# subdomain zuweisen



## mrairbrush (20. Mai 2009)

Benutze ja isp 3
Wie kann ich eine Subdomain einem Benutzer zuweisen (oder andersrum) und dafür ein Verzeichnis zuweisen? Geht das überhaupt mit ispconfig?
zum Bleistift
User1 ->  softdomain.de  ->Verzeichnis1
User2 -> 1.softdomain.de ->Verzeichnis2


----------



## Till (20. Mai 2009)

Wenn eine subdomain einem anderen Benutzer gehören soll dann legt man sie ganz einfach als neue Website an.


----------



## mrairbrush (20. Mai 2009)

erhalte in ispconfig Fehlermeldung das die Domain eindeutig sein muss.


----------



## Till (21. Mai 2009)

Schon klar, Du kannst sie ja auch nicht zweimal anlegen.

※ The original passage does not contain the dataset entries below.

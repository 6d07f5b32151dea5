-- ===== src/Dial/Safety.antt =====
-- The `expect` calls of `dial` and `target` (src/native/mod.rs, src/native/socks5.rs), and the names
-- that a client resolves itself.

use yawc.Shared.{
  ℕ, Bool-cases, true, ◌≡◌, ◌≢◌, refl, inl, inr, Option, Option-cases, none, some, arith,
}
use yawc.Network.{IpAddr, SocketAddr, Host, Url, Endpoint, Network, connect_tcp}
use yawc.Socks.Io.{Stream}
use yawc.Socks.Proxy
use yawc.Socks.Proxy.{Proxy, endpoint, connect_from, is_web, target, target_of, open_tunnel}
use yawc.Dial.{Opts, Tls, dial_direct, dial, secure_stream, wrap, connect_stream}

-- The url crate: a URL of a scheme for the web has a host, and a port or the default of its scheme.
abbrev pub IsComplete : Url → Type 0
IsComplete url = is_web url.scheme ≡ true → (url.host ≢ none) × (url.known_port ≢ none)

module _ {S : Type 0} (network : Network S) (stream : Stream S) where
  connect_from-returns :
      (proxy : Proxy) (url : Url) (address : Option SocketAddr) (local : Option IpAddr)
      → IsComplete url
      → connect_from network stream proxy url address local ≢ none
  unfolding connect_from target
  connect_from-returns proxy url address local h e = elim (Bool-cases (is_web url.scheme)) [
    | inr c ↦ ground (arith, c, e)
    | inl c ↦ let (a, b) = h c in ground (arith, a, b, c, e)
  ]

  dial-returns :
      (opts : Opts)
      → is_web opts.url.scheme ≡ true
      → IsComplete opts.url
      → dial network stream opts ≢ none
  unfolding dial dial_direct
  dial-returns opts web h e = elim (Option-cases opts.proxy) [
    | inl c ↦ let (a, b) = h web in ground (arith, a, b, c, e)
    | inr (proxy, c) ↦
        connect_from-returns proxy opts.url opts.tcp_address opts.local_address h
          (ground (arith, c, e))
  ]

  -- No `expect` of `connect_stream` panics, whatever the network, the proxy and the TLS library do:
  -- for a URL of a web scheme the url crate has a host and a port, and any other scheme is refused
  -- before either is asked for.
  pub connect_stream-returns :
      {N T : Type 0} (security : Tls S N T) (opts : Opts)
      → IsComplete opts.url
      → connect_stream network stream security opts ≢ none
  unfolding connect_stream wrap secure_stream is_web
  connect_stream-returns security opts h e = elim (Bool-cases (is_web opts.url.scheme)) [
    | inr c ↦ ground (arith, c, e)
    | inl c ↦ let (a, b) = h c in ground (arith, a, b, c, e, dial-returns opts c h)
  ]

module _ {S : Type 0} (network other : Network S) (stream : Stream S) where
  target_of-remote :
      (host : Host) (port : ℕ) → target_of network true host port ≡ target_of other true host port
  unfolding target_of
  target_of-remote (Host.domain name) port = refl
  target_of-remote (Host.ipv4 ip) port = refl
  target_of-remote (Host.ipv6 ip) port = refl

  target-remote :
      (proxy : Proxy) (url : Url) (address : Option SocketAddr)
      → proxy.remote_dns ≡ true
      → target network proxy url address ≡ target other proxy url address
  unfolding target
  target-remote proxy url (some a) remote = refl
  target-remote proxy url none remote = elim (Option-cases url.known_port) [
    | inl c ↦ ground (arith, c)
    | inr (port, c) ↦ elim (Option-cases url.host) [
      | inl d ↦ ground (arith, c, d)
      | inr (host, d) ↦ ground (arith, c, d, remote, target_of-remote host port)
    ]
  ]

  -- Through a proxy that resolves names, the client connects without a lookup of its own: two
  -- networks that differ in their lookups only give the same tunnel, where no local address is set.
  pub connect_from-independent :
      (proxy : Proxy) (url : Url) (address : Option SocketAddr)
      → ((e : Endpoint) → network.tcp_connect e ≡ other.tcp_connect e)
      → proxy.remote_dns ≡ true
      → connect_from network stream proxy url address none
        ≡ connect_from other stream proxy url address none
  unfolding connect_from open_tunnel connect_tcp Proxy.dial
  connect_from-independent proxy url address same remote =
      elim (Option-cases (target other proxy url address)) [
        | inl c ↦ ground (arith, c, target-remote proxy url address remote)
        | inr (destination, c) ↦ ground (
          arith,
          c,
          target-remote proxy url address remote,
          same (endpoint proxy.host proxy.port),
        )
      ]
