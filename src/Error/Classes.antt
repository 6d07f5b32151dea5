-- ===== src/Error/Classes.antt =====
-- The error classes of src/lib.rs do not overlap.
use yawc.Shared.{Bool, ◌+◌, ◌≤◌, ℕ, if◌then◌else◌, arith}
use yawc.Error.{
  WebSocketError, is_protocol_error, is_handshake_error, is_closed, is_data_error, is_io_error,
}

abbrev count_true : Bool → ℕ
count_true b = if b then 1 else 0

-- The number of classes that hold of an error.
abbrev pub classes : WebSocketError → ℕ
classes e =
    count_true (is_protocol_error e)
    + count_true (is_handshake_error e)
    + count_true (is_closed e)
    + count_true (is_data_error e)
    + count_true (is_io_error e)

-- Every error satisfies at most one of the five predicates `is_protocol_error`,
-- `is_handshake_error`, `is_closed`, `is_data_error` and `is_io_error`.
pub classes-le-one : (e : WebSocketError) → classes e ≤ 1
unfolding is_protocol_error is_handshake_error is_closed is_data_error is_io_error
classes-le-one WebSocketError.invalid_fragment = omega arith
classes-le-one e = omega arith
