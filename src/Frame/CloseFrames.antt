-- ===== src/Frame/CloseFrames.antt =====
-- Close frames of src/frame.rs: what `Frame::close` writes, `close_code` and `close_reason` read.
use yawc.Shared.{ℕ, ◌+◌, ◌*◌, ◌/◌, ◌%◌, ◌^◌, ◌<◌, ◌≡◌, refl, Bool, true, some, List, arith}
use yawc.Error.{ok}
use yawc.Close
use yawc.Close.Codes.{to_u16-from_u16}
use yawc.Frame.{close_frame, close_code, close_reason}

two_bytes : (c : ℕ) → c < 2 ^ 16 → c / 256 % 256 * 256 + c % 256 ≡ c
two_bytes c h = omega arith

-- The code and the reason of a close frame come back, for every code of 16 bits and every reason
-- that is UTF-8.
pub close_frame_parts :
    (is_utf8 : List ℕ → Bool) (c : ℕ) (reason : List ℕ)
    → c < 2 ^ 16
    → is_utf8 reason ≡ true
    → (close_code (close_frame (Close.from_u16 c) reason) ≡ some (Close.from_u16 c))
      × (close_reason is_utf8 (close_frame (Close.from_u16 c) reason) ≡ ok (some reason))
unfolding close_code close_frame close_reason
close_frame_parts is_utf8 c reason h utf8 =
    (rw (to_u16-from_u16 c, two_bytes c h) refl, rw utf8 refl)
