-- ===== src/Frame/Fragments.antt =====
-- `into_fragments` of src/frame.rs: the fragments form one message with the frame's payload.
use yawc.Shared.{
  ℕ, zero, suc, ◌+◌, ◌≤◌, ◌<◌, ◌≡◌, refl, ap, ◌∙◌, Bool, true, false, Option, none, some, List, [],
  ◌∷◌, ◌++◌, length, take, drop, take-append-drop, length-take, length-drop, append-nil, leb, ◌==◌,
  if◌then◌else◌, Bool-cases, inl, inr, arith,
}
use yawc.Frame.{OpCode, MaskKey, continuation, Frame, new, next_of, next, collect, into_fragments}

abbrev pub payloads : List Frame → List ℕ
payloads [] = []
payloads (f ∷ fs) = f.payload ++ payloads fs

-- A fragment with this key, FIN bit and opcode, of at most `p` bytes.
abbrev pub IsPart : ℕ → Option MaskKey → Bool → OpCode → Frame → Type 0
IsPart p mask fin opcode g =
    (g.fin ≡ fin) × (g.opcode ≡ opcode) × (g.mask ≡ mask) × (length g.payload ≤ p)

-- The fragments behind the first: continuations, of which the last and no other is final.
abbrev pub IsRest : ℕ → Option MaskKey → List Frame → Type 0
IsRest p mask [] = ⊥
IsRest p mask (g ∷ []) = IsPart p mask true continuation g
IsRest p mask (g ∷ h ∷ fs) = IsPart p mask false continuation g × IsRest p mask (h ∷ fs)

-- The fragments of `f`: `f` itself, or a first one with its opcode and the rest.
abbrev pub IsFragmented : ℕ → Frame → List Frame → Type 0
IsFragmented p f [] = ⊥
IsFragmented p f (g ∷ []) = (g ≡ f) × (length f.payload ≤ p)
IsFragmented p f (g ∷ h ∷ fs) =
    IsPart p f.mask false f.opcode g × (g.is_compressed ≡ false) × IsRest p f.mask (h ∷ fs)

abbrev pub remainder : ℕ → Frame → Frame
remainder p f = record f { payload = drop p f.payload }

module _ (p : ℕ) (pos : 0 < p) where
  pub next_of-small :
      (index : ℕ) (f : Frame)
      → leb (length f.payload) p ≡ true
      → next_of index p f ≡ (
        if index == 0 then f else record f { fin = true; opcode = continuation },
        record { index = index; max_size = p; held = none },
      )
  unfolding next_of
  next_of-small index f small = rw (small, next_of)

  next_of-big :
      (index : ℕ) (f : Frame)
      → leb (length f.payload) p ≡ false
      → next_of index p f ≡ (
        new false (if index == 0 then f.opcode else continuation) f.mask (take p f.payload),
        record { index = index + 1; max_size = p; held = some (remainder p f) },
      )
  unfolding next_of
  next_of-big index f big = rw (big, next_of)

  -- Collected on a frame that fits, and on one that does not.
  collect-last :
      (fuel index : ℕ) (f : Frame)
      → leb (length f.payload) p ≡ true
      → collect (suc (suc fuel)) (record { index = index; max_size = p; held = some f })
        ≡ some ((if index == 0 then f else record f { fin = true; opcode = continuation }) ∷ [])
  unfolding collect next
  collect-last fuel index f small = ground (arith, next_of-small index f small)

  collect-more :
      (fuel index : ℕ) (f : Frame) (fs : List Frame)
      → leb (length f.payload) p ≡ false
      → collect fuel (record { index = index + 1; max_size = p; held = some (remainder p f) })
        ≡ some fs
      → collect (suc fuel) (record { index = index; max_size = p; held = some f })
        ≡ some (
            new false (if index == 0 then f.opcode else continuation) f.mask (take p f.payload)
            ∷ fs)
  unfolding collect next
  collect-more fuel index f fs big rest = ground (arith, next_of-big index f big)

  IsRest-more :
      (f : Frame) (mask : Option MaskKey) (fs : List Frame)
      → IsRest p mask fs
      → IsRest p mask (new false continuation mask (take p f.payload) ∷ fs)
  IsRest-more f mask [] h = absurd h
  IsRest-more f mask (g ∷ fs) h = ((refl, refl, refl, omega (arith, length-take p f.payload)), h)

  -- The iterator behind its first item.
  collect-IsRest :
      (fuel index : ℕ) (f : Frame)
      → length f.payload + 2 ≤ fuel
      → 0 < index
      → (fs : List Frame) × (collect fuel (record { index = index; max_size = p; held = some f })
          ≡ some fs)
        × IsRest p f.mask fs
        × (payloads fs ≡ f.payload)
  collect-IsRest zero index f enough behind = absurd (omega arith)
  collect-IsRest (suc zero) index f enough behind = absurd (omega arith)
  collect-IsRest (suc (suc fuel)) index f enough behind =
      let not_first : (index == 0) ≡ false = ground arith in
      elim (Bool-cases (leb (length f.payload) p)) [
        | inl small ↦ (
          record f { fin = true; opcode = continuation } ∷ [],
          rw (collect-last fuel index f small, not_first),
          (refl, refl, refl, ground arith),
          append-nil f.payload,
        )
        | inr big ↦
            let (fs, rest, parts, same) =
              collect-IsRest (suc fuel) (index + 1) (remainder p f)
                (ground (arith, length-drop p f.payload)) (omega arith) in
            (
              new false continuation f.mask (take p f.payload) ∷ fs,
              rw (collect-more (suc fuel) index f fs big rest, not_first),
              IsRest-more f f.mask fs parts,
              ap (λ l. take p f.payload ++ l) same ∙ take-append-drop p f.payload,
            )
      ]

-- With a partition of at least one byte the iterator ends, and its items are the fragments of the
-- frame: the frame itself if it fits, and else a first one with the frame's opcode and then
-- continuations, each of at most `partition` bytes, with the frame's key and only the last of them
-- final, and the first of several not marked as compressed. Their payloads make up the frame's payload.
pub into_fragments-IsFragmented :
    (partition : ℕ) (f : Frame)
    → 0 < partition
    → (fs : List Frame) × (into_fragments f partition ≡ some fs)
      × IsFragmented partition f fs
      × (payloads fs ≡ f.payload)
unfolding into_fragments
into_fragments-IsFragmented partition f pos = elim (Bool-cases (leb (length f.payload) partition)) [
  | inl small ↦ (
    f ∷ [],
    rw fuel (collect-last partition pos (length f.payload) 0 f small),
    (refl, ground arith),
    append-nil f.payload,
  )
  | inr big ↦
      let (fs, rest, parts, same) =
        collect-IsRest partition pos (suc (length f.payload)) 1 (remainder partition f)
          (ground (arith, length-drop partition f.payload)) (omega arith) in
      (
        new false f.opcode f.mask (take partition f.payload) ∷ fs,
        rw fuel (collect-more partition pos (suc (length f.payload)) 0 f fs big rest),
        first fs parts,
        ap (λ l. take partition f.payload ++ l) same ∙ take-append-drop partition f.payload,
      )
]
  where
    fuel : length f.payload + 2 ≡ suc (suc (length f.payload))
    fuel = omega arith

    first :
        (fs : List Frame)
        → IsRest partition f.mask fs
        → IsFragmented partition f (new false f.opcode f.mask (take partition f.payload) ∷ fs)
    first [] h = absurd h
    first (g ∷ fs) h = ((refl, refl, refl, omega (arith, length-take partition f.payload)), refl, h)

-- With a partition of 0 the iterator of a frame with a payload never ends: no number of calls
-- exhausts it, since every call splits off an empty fragment.
pub collect_endless :
    (fuel index : ℕ) (f : Frame)
    → 0 < length f.payload
    → collect fuel (record { index = index; max_size = 0; held = some f }) ≡ none
unfolding collect next next_of
collect_endless zero index f some_bytes = refl
collect_endless (suc fuel) index f some_bytes =
    ground (arith, collect_endless fuel (index + 1) f some_bytes)
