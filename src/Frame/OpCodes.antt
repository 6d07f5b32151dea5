-- ===== src/Frame/OpCodes.antt =====
-- The conversions between opcodes and bytes of src/frame.rs.
use yawc.Shared.{ℕ, ◌≡◌, ◌↔◌, arith}
use yawc.Error.{ok}
use yawc.Frame.{OpCode, try_from, to_u8}

try_from-to_u8 : (op : OpCode) → try_from (to_u8 op) ≡ ok op
unfolding try_from to_u8
try_from-to_u8 op = ground arith

-- A byte is read as an opcode exactly when it is the byte of that opcode; so the reserved values
-- 3 to 7 and 11 to 15, and all others, are refused.
pub try_from_iff : (v : ℕ) (op : OpCode) → (try_from v ≡ ok op) ↔ (v ≡ to_u8 op)
unfolding try_from to_u8
try_from_iff v op = (λ h. ground arith, λ h. ground arith)
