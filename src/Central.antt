-- ===== src/Central.antt =====
-- handleCentralWFGReportFromZone of DistributedDBNode.cpp: the central node collects what the leaders
-- of the zones report, and searches the sum of their graphs when the round is complete.
pub mod Round
pub mod Tests
use hawk_txn.Common.{
  ℕ, ◌+◌, Bool, true, false, Option, some, none, List, [], ◌∷◌, ◌++◌, if◌then◌else◌, ◌>>=◌, leb,
  length,
}
use hawk_txn.Common.Int.{ℤ, pos, ◌+ℤ◌}
use hawk_txn.Types.{NodeId, TransactionId}
use hawk_txn.Message.{NetworkMessage, blank, deadlock_report_to_client}
use hawk_txn.Detector.{Wfg, find_cycles}
use hawk_txn.Resolve.{merge_wfg}

-- The fields of DistributedDBNode whose names start with `central`, and the two totals.
pub record CentralState : Type 0 where
  pub central_aggregated_wfg : Wfg
  pub central_wfg_reports_received : ℕ
  pub central_deadlock_count : ℕ
  pub central_detected_cycles : List (List TransactionId)
  pub total_deadlocks_from_zones : ℤ
  pub total_deadlocks_from_central : ℤ

-- The constructor.
abbrev pub no_reports : CentralState
no_reports = record {
  central_aggregated_wfg = [];
  central_wfg_reports_received = 0;
  central_deadlock_count = 0;
  central_detected_cycles = [];
  total_deadlocks_from_zones = pos 0;
  total_deadlocks_from_central = pos 0;
}

-- The first half: one report is added to the round.
unfoldable pub add_zone_report :
    List (TransactionId × List TransactionId)
    → List (List TransactionId)
    → ℤ
    → CentralState
    → CentralState
unfolding merge_wfg ◌+ℤ◌
add_zone_report pairs cycles count s = record {
  central_aggregated_wfg = merge_wfg s.central_aggregated_wfg pairs;
  central_wfg_reports_received = s.central_wfg_reports_received + 1;
  central_deadlock_count = s.central_deadlock_count;
  central_detected_cycles = s.central_detected_cycles ++ cycles;
  total_deadlocks_from_zones = s.total_deadlocks_from_zones +ℤ count;
  total_deadlocks_from_central = s.total_deadlocks_from_central;
}

abbrev pub central_report : NodeId → NodeId → List (List TransactionId) → ℕ → NetworkMessage
central_report sender client cycles count = record blank {
  type = deadlock_report_to_client;
  sender_id = sender;
  receiver_id = client;
  detected_cycles = cycles;
  deadlock_count = pos count;
}

-- The second half, after the search of a complete round.
unfoldable pub close_round :
    NodeId → List (List TransactionId) → CentralState → CentralState × List NetworkMessage
unfolding ◌+ℤ◌
close_round n found s = (
  record {
    central_aggregated_wfg = [];
    central_wfg_reports_received = 0;
    central_deadlock_count = 0;
    central_detected_cycles = [];
    total_deadlocks_from_zones = s.total_deadlocks_from_zones;
    total_deadlocks_from_central = s.total_deadlocks_from_central +ℤ pos (length found);
  },
  central_report n 0 (s.central_detected_cycles ++ found) (s.central_deadlock_count + length found)
      ∷ [],
)

unfoldable pub close_if_complete :
    ℕ → ℕ → NodeId → ℕ → CentralState → Option (CentralState × List NetworkMessage)
unfolding find_cycles close_round
close_if_complete w fuel n num_nodes s = elim (leb num_nodes s.central_wfg_reports_received) [
  | false ↦ some (s, [])
  | true ↦ do
    (found, freq) ← find_cycles w fuel s.central_aggregated_wfg
    some (close_round n found s)
]

-- handleCentralWFGReportFromZone
unfoldable pub handle_central_wfg_report_from_zone :
    ℕ
    → ℕ
    → Bool
    → NodeId
    → ℕ
    → CentralState
    → List (TransactionId × List TransactionId)
    → List (List TransactionId)
    → ℤ
    → Option (CentralState × List NetworkMessage)
unfolding add_zone_report close_if_complete
handle_central_wfg_report_from_zone w fuel central n num_nodes s pairs cycles count =
    if central
    then close_if_complete w fuel n num_nodes (add_zone_report pairs cycles count s)
    else some (s, [])
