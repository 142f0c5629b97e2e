-- ===== src/LockTable/Edges.antt =====
-- The edges of the local wait-for graph of LockTable.cpp.
use hawk_txn.Common.{
  ◌≡◌, refl, Bool, true, false, not, ◌&&◌, some, none, List, [], ◌∷◌, ◌==◌, if◌then◌else◌, arith,
  Bool-cases, Option-cases, ap, ◌∙◌, inl, inr, elem, elem-append, ◌||◌,
}
use hawk_txn.Map
use hawk_txn.Map.{Map, get_or-push_back, contains-true, find?-contains}
use hawk_txn.Types.{TransactionId, ResourceId}
use hawk_txn.Resource.{Holders, get_resource_holders, get_local_resources}
use hawk_txn.Transaction.{TransactionManager}
use hawk_txn.Detector.{Wfg}
use hawk_txn.LockTable.{
  front_waiter, add_holders, add_resources, build_local_wait_for_graph, add_active_holders,
  add_active_resources, build_and_prune_local_wait_for_graph,
}

-- `u` waits for `v` by the graph.
abbrev pub has_edge : Wfg → TransactionId → TransactionId → Bool
has_edge g u v = elem v (Map.get_or u [] g)

pub has_edge-push_back :
    (w h u v : TransactionId) (g : Wfg)
    → has_edge (Map.push_back w h g) u v ≡ has_edge g u v || (w == u && h == v)
has_edge-push_back w h u v g =
    ap (elem v) (get_or-push_back w u h g)
    ∙ elem-append v (Map.get_or u [] g) (if w == u then h ∷ [] else [])
    ∙ ground arith

pub same_elem :
    (h v : TransactionId) (xs : List TransactionId) → (h == v) ≡ true → elem h xs ≡ elem v xs
same_elem h v xs e = let p : h ≡ v = ground arith in ap (λ i. elem i xs) p

add_active_holders_lem :
    (active : List TransactionId) (w u v : TransactionId) (hs : Holders) (g : Wfg)
    → has_edge (add_active_holders active w hs g) u v
      ≡ has_edge g u v || (w == u && (not (v == u) && Map.contains v hs)) && elem v active
unfolding add_active_holders
add_active_holders_lem active w u v [] g = ground arith
add_active_holders_lem active w u v ((h, mode) ∷ hs) g =
    elim (Bool-cases (not (h == w) && elem h active)) [
      | inl counts ↦
          rw (counts, add_active_holders)
            (add_active_holders_lem active w u v hs (Map.push_back w h g)
              ∙ rw (has_edge-push_back w h u v g) (ground (arith, same_elem h v active)))
      | inr out ↦
          rw (out, add_active_holders)
            (add_active_holders_lem active w u v hs g ∙ ground (arith, same_elem h v active))
    ]

add_holders_lem :
    (w u v : TransactionId) (hs : Holders) (g : Wfg)
    → has_edge (add_holders w hs g) u v
      ≡ has_edge g u v || (w == u && (not (v == u) && Map.contains v hs))
unfolding add_holders
add_holders_lem w u v [] g = ground arith
add_holders_lem w u v ((h, mode) ∷ hs) g = elim (Bool-cases (h == w)) [
  | inl own ↦ rw (own, add_holders) (add_holders_lem w u v hs g ∙ ground arith)
  | inr other ↦
      rw (other, add_holders)
        (add_holders_lem w u v hs (Map.push_back w h g)
          ∙ rw (has_edge-push_back w h u v g) (ground arith))
]

-- The resource makes `u` wait for `v`.
abbrev pub blocks : TransactionManager → TransactionId → TransactionId → ResourceId → Bool
blocks tm u v r = elim (front_waiter tm r) [
  | none ↦ false
  | some w ↦ w == u && (not (v == u) && Map.contains v (get_resource_holders tm.resource_manager r))
]

pub blocks-none :
    (tm : TransactionManager) (u v : TransactionId) (r : ResourceId)
    → front_waiter tm r ≡ none
    → blocks tm u v r ≡ false
blocks-none tm u v r e = rw (e, blocks) refl

-- One of the resources does.
abbrev pub blocks_one : TransactionManager → TransactionId → TransactionId → List ResourceId → Bool
blocks_one tm u v [] = false
blocks_one tm u v (r ∷ rs) = blocks tm u v r || blocks_one tm u v rs

pub add_resources_lem :
    (tm : TransactionManager) (u v : TransactionId) (rs : List ResourceId) (g : Wfg)
    → has_edge (add_resources tm rs g) u v ≡ has_edge g u v || blocks_one tm u v rs
unfolding add_resources
add_resources_lem tm u v [] g = ground arith
add_resources_lem tm u v (r ∷ rs) g = elim (Option-cases (front_waiter tm r)) [
  | inl e ↦
      rw (e, add_resources) (add_resources_lem tm u v rs g ∙ ground (arith, blocks-none tm u v r e))
  | inr (w, e) ↦
      let hs = get_resource_holders tm.resource_manager r in
      rw (e, add_resources)
        (add_resources_lem tm u v rs (add_holders w hs g)
          ∙ rw (add_holders_lem w u v hs g) (ground arith))
]

add_active_resources_lem :
    (active : List TransactionId) (tm : TransactionManager) (u v : TransactionId)
    (rs : List ResourceId) (g : Wfg)
    → has_edge (add_active_resources active tm rs g) u v
      ≡ has_edge g u v || (blocks_one tm u v rs && (elem u active && elem v active))
unfolding add_active_resources
add_active_resources_lem active tm u v [] g = ground arith
add_active_resources_lem active tm u v (r ∷ rs) g = elim (Option-cases (front_waiter tm r)) [
  | inl e ↦
      rw (e, add_active_resources)
        (add_active_resources_lem active tm u v rs g ∙ ground (arith, blocks-none tm u v r e))
  | inr (w, e) ↦
      let hs = get_resource_holders tm.resource_manager r in
      elim (Bool-cases (elem w active)) [
        | inl counts ↦
            rw (e, add_active_resources)
              (rw counts (
                add_active_resources_lem active tm u v rs (add_active_holders active w hs g)
                ∙ rw (add_active_holders_lem active w u v hs g)
                    (ground (arith, same_elem w u active))))
        | inr out ↦
            rw (e, add_active_resources)
              (rw out (
                add_active_resources_lem active tm u v rs g ∙ ground (arith, same_elem w u active)))
      ]
]

-- The graph of buildAndPruneLocalWaitForGraph has exactly the edges of that of
-- buildLocalWaitForGraph between active transactions.
pub prune_lem :
    (active : List TransactionId) (tm : TransactionManager) (u v : TransactionId)
    → has_edge (build_and_prune_local_wait_for_graph active tm) u v
      ≡ has_edge (build_local_wait_for_graph tm) u v && (elem u active && elem v active)
unfolding build_and_prune_local_wait_for_graph build_local_wait_for_graph
prune_lem active tm u v =
    let rs = get_local_resources tm.resource_manager in
    add_active_resources_lem active tm u v rs [] ∙ rw (add_resources_lem tm u v rs []) refl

Woher sollte der apache denn sonst auch wissen welche er nehmen soll? Du musst erst die subdomain löschen und sie dann als web neu anlegen.


----------



## mrairbrush (21. Mai 2009)

hab es über subdomain geschafft aber da ging das www davor nicht, also gelöscht wie Du sagt und als domain angelegt. Geht auch. 
Danke für den Tipp. Jetzt habe ich noch das htaccess Problem und das ich webmail noch in einen vernünftigen pfad setze. Am besten das es hinter jeder domain erreichbar ist  und mydns noch zum laufen bringen (wofür auch immer das gut ist?)
Ansonsten finde ich ispconf sehr gut. Vom wem ist das? Von euch? Gibts da ein paypalspendenkonto? Wenn mein Web und Webshop wieder läuft würde ich gerne mal was spenden.


----------



## planet_fox (22. Mai 2009)

siehe www.ispconfig.de


----------